VFX: The biggest star in movies part 2 [The Graphic Masters Series]
14 March 2016
One company that’s had a front-row seat in the evolving VFX industry is Framestore. Formed in 1986, Framestore has become one of the world’s leading VFX vendors, providing all manner of effects for TV and film. Arguably its greatest project was the ground breaking work it produced for Alfonso Cuarón’s space thriller Gravity.
A film of considerable technical achievement, it’s not hard to see why the team picked up the 2014 Oscar for Best Visual Effects. Providing the majority of effects for the film, which account for about 80 per cent of what’s seen on screen, Gravity pushed Framestore’s visual effects pipeline to new heights.
“The space suits, vehicles, space environments and the majority of the interior sets are all computer generated, with the only ‘real’ elements often being Sandra Bullock’s and George Clooney’s faces,” says head of R&D Martin Preston. “We delivered approximately 84 of the 86 minutes of the film.”

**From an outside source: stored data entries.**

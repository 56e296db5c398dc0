-- ===== src/Serving/Breaker/Trip.antt =====
-- When the breaker of a process without a server opens, and when it closes again.
use weather.Common.{
  ℕ, suc, ◌+◌, ◌≤◌, ◌<◌, ◌≡◌, refl, sym, ap, ◌∙◌, subst, Bool, true, false, none, List, [], ◌∷◌,
  length, leb, arith,
}
use weather.Common.Int.{pos, leb_ℤ}
use weather.Common.Text.{Text, text_eq_refl}
use weather.Common.Dict.{Dict, lookup, erase, lookup-insert_self, lookup-erase, text_key}
use weather.Serving.Breaker.{
  Redis, Breaker, is_exempt, or_zero, with_client, is_available, clear_provider, record_success,
  record_failure_locally, record_failure,
}

client_down :
    {S A : Type 0} (p : S × Bool) (remote local : S → A)
    → p.1 ≡ false
    → with_client p remote local ≡ local p.0
client_down (s, true) remote local h = cc
client_down (s, false) remote local h = refl

-- Failures of a provider, none of them with status 429, one after the other at the given times.
abbrev pub fail_each : {S : Type 0} → Redis S → Text → List ℕ → Breaker → S → S × Breaker
fail_each redis provider [] b s = (s, b)
fail_each redis provider (now ∷ times) b s =
    let r = record_failure redis provider false now b s in fail_each redis provider times r.1 r.0

abbrev fail_locally : Text → List ℕ → Breaker → Breaker
fail_locally provider [] b = b
fail_locally provider (now ∷ times) b =
    fail_locally provider times (record_failure_locally provider false now b)

-- What fewer failures than the threshold leave: a count, and everything else as it was.
record Counted (provider : Text) (b later : Breaker) (n : ℕ) : Type 0 where
  counted : or_zero (lookup provider later.failures) ≡ n
  threshold_kept : later.failure_threshold ≡ b.failure_threshold
  cooldown_kept : later.cooldown ≡ b.cooldown
  until_kept : later.cooldown_until ≡ b.cooldown_until

count_one :
    (provider : Text) (now limit : ℕ) (b : Breaker)
    → b.failure_threshold ≡ pos limit
    → or_zero (lookup provider b.failures) + 1 < limit
    → Counted provider b
        (record_failure_locally provider false now b)
        (or_zero (lookup provider b.failures) + 1)
unfolding record_failure_locally
count_one provider now limit b e h =
    let below : leb_ℤ b.failure_threshold (pos (or_zero (lookup provider b.failures) + 1)) ≡ false =
      rw e (ground arith) in
    rw below (record {
      counted =
          ap or_zero
            (lookup-insert_self provider (or_zero (lookup provider b.failures) + 1) b.failures);
      threshold_kept = refl;
      cooldown_kept = refl;
      until_kept = refl;
    })

count_all :
    (provider : Text) (times : List ℕ) (limit : ℕ) (b : Breaker)
    → b.failure_threshold ≡ pos limit
    → or_zero (lookup provider b.failures) + length times < limit
    → Counted provider b
        (fail_locally provider times b)
        (or_zero (lookup provider b.failures) + length times)
count_all provider [] limit b e h = record {
  counted = omega arith;
  threshold_kept = refl;
  cooldown_kept = refl;
  until_kept = refl;
}
count_all provider (now ∷ times) limit b e h =
    let one = count_one provider now limit b e (omega arith) in
    let b' = record_failure_locally provider false now b in
    let rest =
      count_all provider times limit b' (one.threshold_kept ∙ e) (omega (arith, one.counted)) in
    record {
      counted = omega (arith, rest.counted, one.counted);
      threshold_kept = rest.threshold_kept ∙ one.threshold_kept;
      cooldown_kept = rest.cooldown_kept ∙ one.cooldown_kept;
      until_kept = rest.until_kept ∙ one.until_kept;
    }

trip_at :
    (provider : Text) (now limit : ℕ) (b : Breaker)
    → b.failure_threshold ≡ pos limit
    → limit ≤ or_zero (lookup provider b.failures) + 1
    → let after = record_failure_locally provider false now b in
      (after.failure_threshold ≡ b.failure_threshold)
      × (or_zero (lookup provider after.cooldown_until) ≡ now + b.cooldown)
unfolding record_failure_locally
trip_at provider now limit b e h =
    let reached : leb_ℤ b.failure_threshold (pos (or_zero (lookup provider b.failures) + 1))
        ≡ true =
      rw e (ground arith) in
    rw reached (refl, ap or_zero (lookup-insert_self provider (now + b.cooldown) b.cooldown_until))

erase_self : (k : Text) (d : Dict Text ℕ) → lookup k (erase k d) ≡ none
erase_self k d = lookup-erase k k d ∙ rw (text_eq_refl k) refl

module _ {S : Type 0} (redis : Redis S) (down : (s : S) → (redis.ping s).1 ≡ false)
    (provider : Text) (named : is_exempt provider ≡ false) where
  recorded-locally :
      (now : ℕ) (b : Breaker) (s : S)
      → (record_failure redis provider false now b s).1
        ≡ record_failure_locally provider false now b
  unfolding record_failure
  recorded-locally now b s =
      rw named (ap (λ (r : S × Breaker). r.1) (client_down (redis.ping s) _ _ (down s)))

  fail_each-locally :
      (times : List ℕ) (b : Breaker) (s : S)
      → (fail_each redis provider times b s).1 ≡ fail_locally provider times b
  fail_each-locally [] b s = refl
  fail_each-locally (now ∷ times) b s =
      let r : S × Breaker = record_failure redis provider false now b s in
      fail_each-locally times r.1 r.0 ∙ ap (fail_locally provider times) (recorded-locally now b s)

  cleared-locally :
      (b : Breaker) (s : S) → (record_success redis provider b s).1 ≡ clear_provider provider b
  unfolding record_success
  cleared-locally b s =
      rw named (ap (λ (r : S × Breaker). r.1) (client_down (redis.ping s) _ _ (down s)))

  available-locally :
      (b : Breaker) (limit now : ℕ) (s : S)
      → b.failure_threshold ≡ pos (suc limit)
      → (is_available redis b provider now s).1
        ≡ leb (or_zero (lookup provider b.cooldown_until)) now
  unfolding is_available
  available-locally b limit now s e =
      let positive : leb_ℤ (pos (suc limit)) (pos 0) ≡ false = ground arith in
      rw (named, e, positive) (ap (λ (r : S × Bool). r.1) (client_down (redis.ping s) _ _ (down s)))

  -- While the Redis server does not answer, and from a state with no failure counted for a
  -- provider: after any number of failures below the threshold the provider is as available as it
  -- was; and the failure that reaches the threshold makes it unavailable until the cooldown after
  -- that failure has passed, and no longer. No failure is one with status 429.
  pub breaker_trips :
      (b : Breaker) (limit : ℕ)
      → b.failure_threshold ≡ pos (suc limit)
      → lookup provider b.failures ≡ none
      → (few times : List ℕ) (last now : ℕ) (s : S) → length few ≤ limit
      → length times ≡ limit
      → let early = fail_each redis provider few b s in
        let before = fail_each redis provider times b s in
        let after = record_failure redis provider false last before.1 before.0 in
        ((is_available redis early.1 provider now early.0).1
          ≡ (is_available redis b provider now s).1)
        × ((is_available redis after.1 provider now after.0).1 ≡ leb (last + b.cooldown) now)
  breaker_trips b limit e fresh few times last now s le n =
      let none_counted : or_zero (lookup provider b.failures) ≡ 0 = ap or_zero fresh in
      let before : S × Breaker = fail_each redis provider times b s in
      let c =
        subst (λ l. Counted provider b l (or_zero (lookup provider b.failures) + length times))
          (sym (fail_each-locally times b s))
          (count_all provider times (suc limit) b e (omega arith)) in
      let after : S × Breaker = record_failure redis provider false last before.1 before.0 in
      let r = recorded-locally last before.1 before.0 in
      let tripped =
        trip_at provider last (suc limit) before.1 (c.threshold_kept ∙ e)
          (omega (arith, c.counted)) in
      let early : S × Breaker = fail_each redis provider few b s in
      let q =
        subst (λ l. Counted provider b l (or_zero (lookup provider b.failures) + length few))
          (sym (fail_each-locally few b s))
          (count_all provider few (suc limit) b e (omega arith)) in
      (
        available-locally early.1 limit now early.0 (q.threshold_kept ∙ e)
            ∙ ap (λ d. leb (or_zero (lookup provider d)) now) q.until_kept
            ∙ sym (available-locally b limit now s e),
        available-locally after.1 limit now after.0
              (ap (λ (x : Breaker). x.failure_threshold) r ∙ tripped.0 ∙ c.threshold_kept ∙ e)
            ∙ ap (λ (x : Breaker). leb (or_zero (lookup provider x.cooldown_until)) now) r
            ∙ ap (λ u. leb u now) tripped.1
            ∙ ap (λ u. leb (last + u) now) c.cooldown_kept,
      )

  -- Without a server, a success makes its provider available at once and forgets its failures,
  -- whatever the state was.
  pub success_resets :
      (b : Breaker) (limit now : ℕ) (s : S)
      → b.failure_threshold ≡ pos (suc limit)
      → let r = record_success redis provider b s in
        ((is_available redis r.1 provider now r.0).1 ≡ true) × (lookup provider r.1.failures ≡ none)
  success_resets b limit now s e =
      let after = clear_provider provider b in
      let left = (record_success redis provider b s).0 in
      let open_now : (is_available redis after provider now left).1 ≡ true =
        available-locally after limit now left e
        ∙ ap (λ o. leb (or_zero o) now) (erase_self provider b.cooldown_until)
        ∙ ground arith in
      subst
        (λ c.
          ((is_available redis c provider now left).1 ≡ true) × (lookup provider c.failures ≡ none))
        (sym (cleared-locally b s)) (open_now, erase_self provider b.failures)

The incredible complexity of these shots required a mixture of commercial and proprietary tools, with a team of artists driving them to achieve the director’s vision. “We primarily use Maya,” says Preston, “but we have a large collection of custom tools built on top of it. Framestore has dedicated software teams responsible for the development and maintenance of our custom technology, and a large number of tools were developed for this show.
Some of this was motivated by moving to the Arnold renderer during the movie, and hence requiring new lighting technology and shaders, and some was in response to the unusual nature of the film.” Preston explains how Framestore had to make changes to its pipeline to cope with the abnormally long shots in the film – the opening sequence runs for 17 unbroken minutes. “To cope with this we split shots into sub-chunks, which we called beats.”
“On a normal VFX show, we would expect a shot to be on average around 100 frames in length. On Gravity, shot lengths could run into minutes.” Martin Preston, Framestore
“There are two main difficulties working like this, says Preston. “Firstly, making the technology cope with such quantities of data, and, secondly, coming up with a workflow that allows multiple artists to work on separate parts of the same shot. The technology changes included work such as extending our in-house geometry file format, to allow animation to be split into beats too. This means we could more easily manage the I/O requirements. Similarly, we needed to develop technology to allow simulation TDs to layer up simulation so they didn’t need to do hours of work prior to knowing whether they were heading in the right direction.”
Having artists specialise in such specific areas is a change Preston has noticed since his career in VFX began back in the late 1990s. “I think the biggest change has been the need for people working in the industry to have a greater degree of technical knowledge in their area of specialism,” he says.
“Previously it was common to find generalists filling the bulk of roles in VFX houses, but over the years each area has become considerably more complex, and as a result it’s unlikely any one individual would be able to contribute as much unless they focus on one area.”
Perhaps the biggest transformation undergoing VFX production is its shift from a purely post-production role to the very centre of the movie-making process. “I feel like visual effects has really expanded to touch every part of a film,” says Framestore’s Kyle McCulloch, VFX supervisor on Guardians of the Galaxy. “When I first started, especially on big projects, you’d have a handful of visual effects shots and they’d be very expensive and very time consuming, and a tremendous amount of work would go into planning and creating the shots. What you see now, in a film like Guardians, is that over 90 per cent of the shots in the finished film have visual effects in them.”
Photorealistic characters, like Guardians of the Galaxy’s Rocket, drive technology forward
McCulloch explains how the crew is increasingly called upon to do all manner of work. “It’s not just your talking creatures and digital environments,” he comments. “We’re fixing make-up, we’re doing beauty fixes [such as removing a female extra who looked like she was making a rude gesture], we’re merging plates where you get two different performances that the director prefers.”
This in turn means that the VFX team is now tightly integrated into the entire production. “From the sound to editing to pre-production and pre-visualisation, visual effects touches everything now. I think that’s a huge change.”